Your answer must consist of exactly the lines below, starting with the line with "unfoldable pub step" and going on through the line with "(json v ∷ st)", and nothing else.

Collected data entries
··········
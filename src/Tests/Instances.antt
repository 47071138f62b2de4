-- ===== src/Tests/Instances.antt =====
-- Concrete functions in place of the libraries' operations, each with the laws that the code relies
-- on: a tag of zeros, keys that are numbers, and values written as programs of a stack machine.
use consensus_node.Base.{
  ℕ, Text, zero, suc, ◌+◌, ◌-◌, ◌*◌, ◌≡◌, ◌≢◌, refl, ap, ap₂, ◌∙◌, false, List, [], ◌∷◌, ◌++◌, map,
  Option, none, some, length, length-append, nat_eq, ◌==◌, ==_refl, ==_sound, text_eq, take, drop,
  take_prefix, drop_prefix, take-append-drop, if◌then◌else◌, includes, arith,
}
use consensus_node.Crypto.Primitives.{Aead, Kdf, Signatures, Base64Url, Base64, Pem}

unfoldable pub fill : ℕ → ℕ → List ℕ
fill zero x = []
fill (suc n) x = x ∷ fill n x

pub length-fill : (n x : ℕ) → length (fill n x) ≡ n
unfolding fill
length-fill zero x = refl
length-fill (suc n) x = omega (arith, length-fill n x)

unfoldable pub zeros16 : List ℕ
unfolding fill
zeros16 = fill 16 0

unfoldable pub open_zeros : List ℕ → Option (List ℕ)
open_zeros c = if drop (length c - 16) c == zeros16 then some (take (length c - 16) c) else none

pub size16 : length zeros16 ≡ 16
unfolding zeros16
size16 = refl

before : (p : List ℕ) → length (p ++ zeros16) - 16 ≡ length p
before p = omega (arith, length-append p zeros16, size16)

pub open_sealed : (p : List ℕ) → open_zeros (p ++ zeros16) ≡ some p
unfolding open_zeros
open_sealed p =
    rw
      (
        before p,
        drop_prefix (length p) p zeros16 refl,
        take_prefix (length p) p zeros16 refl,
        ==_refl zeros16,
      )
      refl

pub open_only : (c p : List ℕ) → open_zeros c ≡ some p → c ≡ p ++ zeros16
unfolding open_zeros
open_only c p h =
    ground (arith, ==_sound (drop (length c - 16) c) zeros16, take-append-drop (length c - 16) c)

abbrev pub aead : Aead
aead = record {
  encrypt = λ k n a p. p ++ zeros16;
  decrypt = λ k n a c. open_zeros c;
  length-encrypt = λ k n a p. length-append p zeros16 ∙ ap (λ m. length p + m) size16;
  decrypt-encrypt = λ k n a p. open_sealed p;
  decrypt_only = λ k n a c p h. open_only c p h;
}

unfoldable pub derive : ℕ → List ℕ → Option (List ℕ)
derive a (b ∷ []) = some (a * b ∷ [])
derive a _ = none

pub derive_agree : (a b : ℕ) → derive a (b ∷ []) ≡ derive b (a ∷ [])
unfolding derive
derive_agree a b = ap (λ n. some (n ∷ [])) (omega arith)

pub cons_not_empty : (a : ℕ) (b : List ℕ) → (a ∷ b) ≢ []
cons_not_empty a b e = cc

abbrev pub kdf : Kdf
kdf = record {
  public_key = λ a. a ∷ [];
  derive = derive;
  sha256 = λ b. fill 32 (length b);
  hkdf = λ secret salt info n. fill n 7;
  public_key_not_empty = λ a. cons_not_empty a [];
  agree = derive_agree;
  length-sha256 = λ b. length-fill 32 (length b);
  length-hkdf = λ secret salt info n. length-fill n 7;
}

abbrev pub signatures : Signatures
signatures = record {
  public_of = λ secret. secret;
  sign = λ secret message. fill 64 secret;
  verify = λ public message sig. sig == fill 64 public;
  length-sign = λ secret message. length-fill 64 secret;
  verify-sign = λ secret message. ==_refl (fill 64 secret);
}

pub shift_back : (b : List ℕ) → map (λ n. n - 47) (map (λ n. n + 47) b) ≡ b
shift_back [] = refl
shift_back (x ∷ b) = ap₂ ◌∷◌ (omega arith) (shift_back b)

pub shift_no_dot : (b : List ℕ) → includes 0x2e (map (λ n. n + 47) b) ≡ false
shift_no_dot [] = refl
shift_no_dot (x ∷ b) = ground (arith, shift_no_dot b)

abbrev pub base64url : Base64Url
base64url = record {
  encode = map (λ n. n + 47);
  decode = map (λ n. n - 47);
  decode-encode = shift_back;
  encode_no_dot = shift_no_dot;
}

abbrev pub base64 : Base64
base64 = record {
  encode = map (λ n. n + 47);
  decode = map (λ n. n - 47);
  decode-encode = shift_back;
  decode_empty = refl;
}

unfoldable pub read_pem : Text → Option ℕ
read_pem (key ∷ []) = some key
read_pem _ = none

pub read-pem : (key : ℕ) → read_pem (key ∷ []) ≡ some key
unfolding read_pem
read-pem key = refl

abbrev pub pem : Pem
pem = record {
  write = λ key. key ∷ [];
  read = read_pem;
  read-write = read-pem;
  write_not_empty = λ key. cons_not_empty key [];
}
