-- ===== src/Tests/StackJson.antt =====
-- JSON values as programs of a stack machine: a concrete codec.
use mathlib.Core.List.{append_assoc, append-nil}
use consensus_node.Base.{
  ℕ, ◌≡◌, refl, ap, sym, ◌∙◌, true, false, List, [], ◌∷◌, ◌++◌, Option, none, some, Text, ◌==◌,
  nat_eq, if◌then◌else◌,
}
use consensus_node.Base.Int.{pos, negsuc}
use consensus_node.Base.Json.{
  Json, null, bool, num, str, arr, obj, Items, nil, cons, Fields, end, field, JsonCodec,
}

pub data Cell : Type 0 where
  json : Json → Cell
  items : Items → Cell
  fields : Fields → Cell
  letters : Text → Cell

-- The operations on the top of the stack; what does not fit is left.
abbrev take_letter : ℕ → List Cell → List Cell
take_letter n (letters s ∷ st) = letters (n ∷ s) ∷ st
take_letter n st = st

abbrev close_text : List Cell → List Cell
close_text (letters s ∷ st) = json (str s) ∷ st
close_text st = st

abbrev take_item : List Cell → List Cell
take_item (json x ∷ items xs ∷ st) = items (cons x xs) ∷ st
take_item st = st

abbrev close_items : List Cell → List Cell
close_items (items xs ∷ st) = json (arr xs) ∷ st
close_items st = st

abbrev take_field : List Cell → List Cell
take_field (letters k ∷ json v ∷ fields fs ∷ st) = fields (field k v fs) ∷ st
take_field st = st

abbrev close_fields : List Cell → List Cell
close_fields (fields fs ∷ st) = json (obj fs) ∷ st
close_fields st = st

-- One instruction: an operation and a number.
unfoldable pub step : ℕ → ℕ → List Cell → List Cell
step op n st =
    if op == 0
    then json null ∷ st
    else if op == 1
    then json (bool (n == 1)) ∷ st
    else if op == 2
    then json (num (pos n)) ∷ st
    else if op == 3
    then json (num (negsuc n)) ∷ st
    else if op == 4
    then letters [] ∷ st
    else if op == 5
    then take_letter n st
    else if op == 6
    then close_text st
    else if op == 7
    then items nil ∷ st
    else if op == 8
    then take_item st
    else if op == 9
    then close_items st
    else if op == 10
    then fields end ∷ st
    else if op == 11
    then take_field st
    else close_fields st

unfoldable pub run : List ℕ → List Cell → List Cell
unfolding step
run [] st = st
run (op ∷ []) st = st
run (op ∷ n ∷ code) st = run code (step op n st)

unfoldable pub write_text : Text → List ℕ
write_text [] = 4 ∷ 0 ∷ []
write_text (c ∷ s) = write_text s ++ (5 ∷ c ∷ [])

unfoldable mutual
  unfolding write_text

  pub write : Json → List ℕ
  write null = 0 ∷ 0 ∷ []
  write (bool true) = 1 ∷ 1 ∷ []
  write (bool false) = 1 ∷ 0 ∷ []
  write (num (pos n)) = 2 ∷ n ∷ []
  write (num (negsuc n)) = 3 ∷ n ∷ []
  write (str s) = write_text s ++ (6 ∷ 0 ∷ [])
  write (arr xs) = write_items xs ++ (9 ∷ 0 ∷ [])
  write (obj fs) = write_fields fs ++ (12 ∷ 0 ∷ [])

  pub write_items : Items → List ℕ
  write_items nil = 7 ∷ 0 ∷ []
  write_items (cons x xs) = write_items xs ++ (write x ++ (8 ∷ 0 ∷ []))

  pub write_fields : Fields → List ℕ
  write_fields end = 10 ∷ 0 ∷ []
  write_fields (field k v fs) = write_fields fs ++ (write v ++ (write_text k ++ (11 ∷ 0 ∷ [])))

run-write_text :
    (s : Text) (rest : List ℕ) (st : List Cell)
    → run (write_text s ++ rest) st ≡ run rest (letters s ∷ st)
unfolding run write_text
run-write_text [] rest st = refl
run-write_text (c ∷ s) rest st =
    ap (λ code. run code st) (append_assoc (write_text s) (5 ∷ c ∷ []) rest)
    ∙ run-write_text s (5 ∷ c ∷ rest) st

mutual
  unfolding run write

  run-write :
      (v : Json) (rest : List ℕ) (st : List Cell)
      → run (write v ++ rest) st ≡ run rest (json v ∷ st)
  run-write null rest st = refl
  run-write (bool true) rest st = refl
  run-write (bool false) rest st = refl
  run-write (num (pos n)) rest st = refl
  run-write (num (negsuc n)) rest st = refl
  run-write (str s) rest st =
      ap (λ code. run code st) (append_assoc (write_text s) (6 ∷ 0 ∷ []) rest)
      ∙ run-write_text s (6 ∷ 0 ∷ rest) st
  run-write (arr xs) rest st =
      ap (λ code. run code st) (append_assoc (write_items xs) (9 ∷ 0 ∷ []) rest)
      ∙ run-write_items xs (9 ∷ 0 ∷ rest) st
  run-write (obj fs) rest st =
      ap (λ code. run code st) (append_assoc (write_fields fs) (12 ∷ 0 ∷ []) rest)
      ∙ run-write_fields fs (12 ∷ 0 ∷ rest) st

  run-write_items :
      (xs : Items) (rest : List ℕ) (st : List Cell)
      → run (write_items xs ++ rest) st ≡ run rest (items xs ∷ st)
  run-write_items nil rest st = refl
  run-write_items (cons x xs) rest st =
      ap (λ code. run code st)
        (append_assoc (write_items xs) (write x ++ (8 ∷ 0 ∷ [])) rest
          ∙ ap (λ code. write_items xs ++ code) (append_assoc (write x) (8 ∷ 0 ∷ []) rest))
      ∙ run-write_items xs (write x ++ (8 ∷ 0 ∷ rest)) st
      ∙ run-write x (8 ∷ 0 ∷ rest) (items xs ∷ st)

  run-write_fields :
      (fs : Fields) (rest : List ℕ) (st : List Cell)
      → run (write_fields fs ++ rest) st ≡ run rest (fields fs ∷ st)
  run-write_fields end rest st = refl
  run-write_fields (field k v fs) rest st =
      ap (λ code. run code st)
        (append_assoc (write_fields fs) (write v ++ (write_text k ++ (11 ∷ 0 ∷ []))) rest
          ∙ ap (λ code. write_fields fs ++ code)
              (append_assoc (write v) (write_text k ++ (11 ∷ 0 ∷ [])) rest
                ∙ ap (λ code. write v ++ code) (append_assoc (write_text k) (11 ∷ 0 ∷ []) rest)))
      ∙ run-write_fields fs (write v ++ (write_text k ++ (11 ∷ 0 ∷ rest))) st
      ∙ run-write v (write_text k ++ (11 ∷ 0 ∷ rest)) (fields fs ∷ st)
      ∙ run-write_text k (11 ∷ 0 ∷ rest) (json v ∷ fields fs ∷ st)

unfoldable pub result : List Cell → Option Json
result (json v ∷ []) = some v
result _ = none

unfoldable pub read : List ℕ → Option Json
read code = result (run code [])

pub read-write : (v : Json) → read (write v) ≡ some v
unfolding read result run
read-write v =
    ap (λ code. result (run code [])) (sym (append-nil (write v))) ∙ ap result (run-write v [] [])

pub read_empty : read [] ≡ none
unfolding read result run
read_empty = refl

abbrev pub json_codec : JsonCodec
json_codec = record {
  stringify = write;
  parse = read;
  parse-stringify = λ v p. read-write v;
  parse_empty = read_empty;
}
··········
• [Answer to this exercise]:
unfoldable pub step : ℕ → ℕ → List Cell → List Cell
step op n st =
    if op == 0
    then json null ∷ st
    else if op == 1
    then json (bool (n == 1)) ∷ st
    else if op == 2
    then json (num (pos n)) ∷ st
    else if op == 3
    then json (num (negsuc n)) ∷ st
    else if op == 4
    then letters [] ∷ st
    else if op == 5
    then take_letter n st
    else if op == 6
    then close_text st
    else if op == 7
    then items nil ∷ st
    else if op == 8
    then take_item st
    else if op == 9
    then close_items st
    else if op == 10
    then fields end ∷ st
    else if op == 11
    then take_field st
    else close_fields st

unfoldable pub run : List ℕ → List Cell → List Cell
unfolding step
run [] st = st
run (op ∷ []) st = st
run (op ∷ n ∷ code) st = run code (step op n st)

unfoldable pub write_text : Text → List ℕ
write_text [] = 4 ∷ 0 ∷ []
write_text (c ∷ s) = write_text s ++ (5 ∷ c ∷ [])

unfoldable mutual
  unfolding write_text

  pub write : Json → List ℕ
  write null = 0 ∷ 0 ∷ []
  write (bool true) = 1 ∷ 1 ∷ []
  write (bool false) = 1 ∷ 0 ∷ []
  write (num (pos n)) = 2 ∷ n ∷ []
  write (num (negsuc n)) = 3 ∷ n ∷ []
  write (str s) = write_text s ++ (6 ∷ 0 ∷ [])
  write (arr xs) = write_items xs ++ (9 ∷ 0 ∷ [])
  write (obj fs) = write_fields fs ++ (12 ∷ 0 ∷ [])

  pub write_items : Items → List ℕ
  write_items nil = 7 ∷ 0 ∷ []
  write_items (cons x xs) = write_items xs ++ (write x ++ (8 ∷ 0 ∷ []))

  pub write_fields : Fields → List ℕ
  write_fields end = 10 ∷ 0 ∷ []
  write_fields (field k v fs) = write_fields fs ++ (write v ++ (write_text k ++ (11 ∷ 0 ∷ [])))

run-write_text :
    (s : Text) (rest : List ℕ) (st : List Cell)
    → run (write_text s ++ rest) st ≡ run rest (letters s ∷ st)
unfolding run write_text
run-write_text [] rest st = refl
run-write_text (c ∷ s) rest st =
    ap (λ code. run code st) (append_assoc (write_text s) (5 ∷ c ∷ []) rest)
    ∙ run-write_text s (5 ∷ c ∷ rest) st

mutual
  unfolding run write

  run-write :
      (v : Json) (rest : List ℕ) (st : List Cell)
      → run (write v ++ rest) st ≡ run rest (json v ∷ st)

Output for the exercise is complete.